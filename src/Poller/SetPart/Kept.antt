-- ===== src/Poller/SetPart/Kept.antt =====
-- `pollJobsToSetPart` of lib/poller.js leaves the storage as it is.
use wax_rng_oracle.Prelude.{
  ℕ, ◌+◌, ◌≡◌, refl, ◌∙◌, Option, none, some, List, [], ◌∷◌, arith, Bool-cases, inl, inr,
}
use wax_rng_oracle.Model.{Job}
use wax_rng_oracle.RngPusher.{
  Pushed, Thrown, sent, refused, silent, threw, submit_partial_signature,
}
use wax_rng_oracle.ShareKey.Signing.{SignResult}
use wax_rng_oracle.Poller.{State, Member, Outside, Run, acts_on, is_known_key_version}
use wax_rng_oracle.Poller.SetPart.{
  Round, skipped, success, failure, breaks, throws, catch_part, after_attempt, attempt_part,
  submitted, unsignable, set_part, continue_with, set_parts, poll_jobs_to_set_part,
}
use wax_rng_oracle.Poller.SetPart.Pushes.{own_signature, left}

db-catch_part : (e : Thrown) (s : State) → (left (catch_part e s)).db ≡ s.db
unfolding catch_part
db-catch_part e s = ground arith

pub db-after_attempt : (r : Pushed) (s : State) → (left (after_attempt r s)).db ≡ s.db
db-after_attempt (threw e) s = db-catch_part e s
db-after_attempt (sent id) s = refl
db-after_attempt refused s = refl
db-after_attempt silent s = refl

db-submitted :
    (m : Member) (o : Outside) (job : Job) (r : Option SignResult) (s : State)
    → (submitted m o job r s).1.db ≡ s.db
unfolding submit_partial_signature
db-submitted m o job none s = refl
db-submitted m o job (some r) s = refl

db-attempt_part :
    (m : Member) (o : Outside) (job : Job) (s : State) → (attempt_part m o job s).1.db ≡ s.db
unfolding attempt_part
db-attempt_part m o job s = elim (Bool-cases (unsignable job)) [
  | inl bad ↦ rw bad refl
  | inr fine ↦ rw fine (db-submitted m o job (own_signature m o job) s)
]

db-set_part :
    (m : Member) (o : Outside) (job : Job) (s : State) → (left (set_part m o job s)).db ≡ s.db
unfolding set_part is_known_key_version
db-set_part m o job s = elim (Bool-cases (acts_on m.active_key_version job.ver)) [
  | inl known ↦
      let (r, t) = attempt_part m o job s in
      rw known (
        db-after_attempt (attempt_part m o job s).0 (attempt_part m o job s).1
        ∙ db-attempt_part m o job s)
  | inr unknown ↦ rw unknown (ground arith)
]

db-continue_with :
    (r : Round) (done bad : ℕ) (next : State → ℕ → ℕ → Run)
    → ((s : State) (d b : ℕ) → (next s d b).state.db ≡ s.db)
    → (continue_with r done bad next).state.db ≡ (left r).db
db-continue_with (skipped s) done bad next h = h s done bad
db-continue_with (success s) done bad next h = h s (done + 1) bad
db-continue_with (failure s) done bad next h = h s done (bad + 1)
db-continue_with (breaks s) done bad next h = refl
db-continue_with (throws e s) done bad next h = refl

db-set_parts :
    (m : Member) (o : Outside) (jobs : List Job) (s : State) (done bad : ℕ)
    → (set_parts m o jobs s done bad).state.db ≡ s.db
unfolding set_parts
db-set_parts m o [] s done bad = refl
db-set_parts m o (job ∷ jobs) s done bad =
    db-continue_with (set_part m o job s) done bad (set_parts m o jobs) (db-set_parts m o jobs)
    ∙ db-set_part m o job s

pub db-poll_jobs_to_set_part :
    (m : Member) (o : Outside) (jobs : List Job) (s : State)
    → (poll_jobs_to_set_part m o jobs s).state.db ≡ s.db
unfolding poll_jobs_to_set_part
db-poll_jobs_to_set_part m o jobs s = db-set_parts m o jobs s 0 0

◆ EXERCISE DETAILS
Please retype, with no changes, the lines that run from the first line of the entries to the line with "db-after_attempt silent s = refl", both ends included.

◆ RESPONSE TO THE TASK
filename src/Poller/SetPart/Kept.antt
-- ===== src/Poller/SetPart/Kept.antt =====
-- `pollJobsToSetPart` of lib/poller.js leaves the storage as it is.
use wax_rng_oracle.Prelude.{
  ℕ, ◌+◌, ◌≡◌, refl, ◌∙◌, Option, none, some, List, [], ◌∷◌, arith, Bool-cases, inl, inr,
}
use wax_rng_oracle.Model.{Job}
use wax_rng_oracle.RngPusher.{
  Pushed, Thrown, sent, refused, silent, threw, submit_partial_signature,
}
use wax_rng_oracle.ShareKey.Signing.{SignResult}
use wax_rng_oracle.Poller.{State, Member, Outside, Run, acts_on, is_known_key_version}
use wax_rng_oracle.Poller.SetPart.{
  Round, skipped, success, failure, breaks, throws, catch_part, after_attempt, attempt_part,
  submitted, unsignable, set_part, continue_with, set_parts, poll_jobs_to_set_part,
}
use wax_rng_oracle.Poller.SetPart.Pushes.{own_signature, left}

db-catch_part : (e : Thrown) (s : State) → (left (catch_part e s)).db ≡ s.db
unfolding catch_part
db-catch_part e s = ground arith

pub db-after_attempt : (r : Pushed) (s : State) → (left (after_attempt r s)).db ≡ s.db
db-after_attempt (threw e) s = db-catch_part e s
db-after_attempt (sent id) s = refl
db-after_attempt refused s = refl
db-after_attempt silent s = refl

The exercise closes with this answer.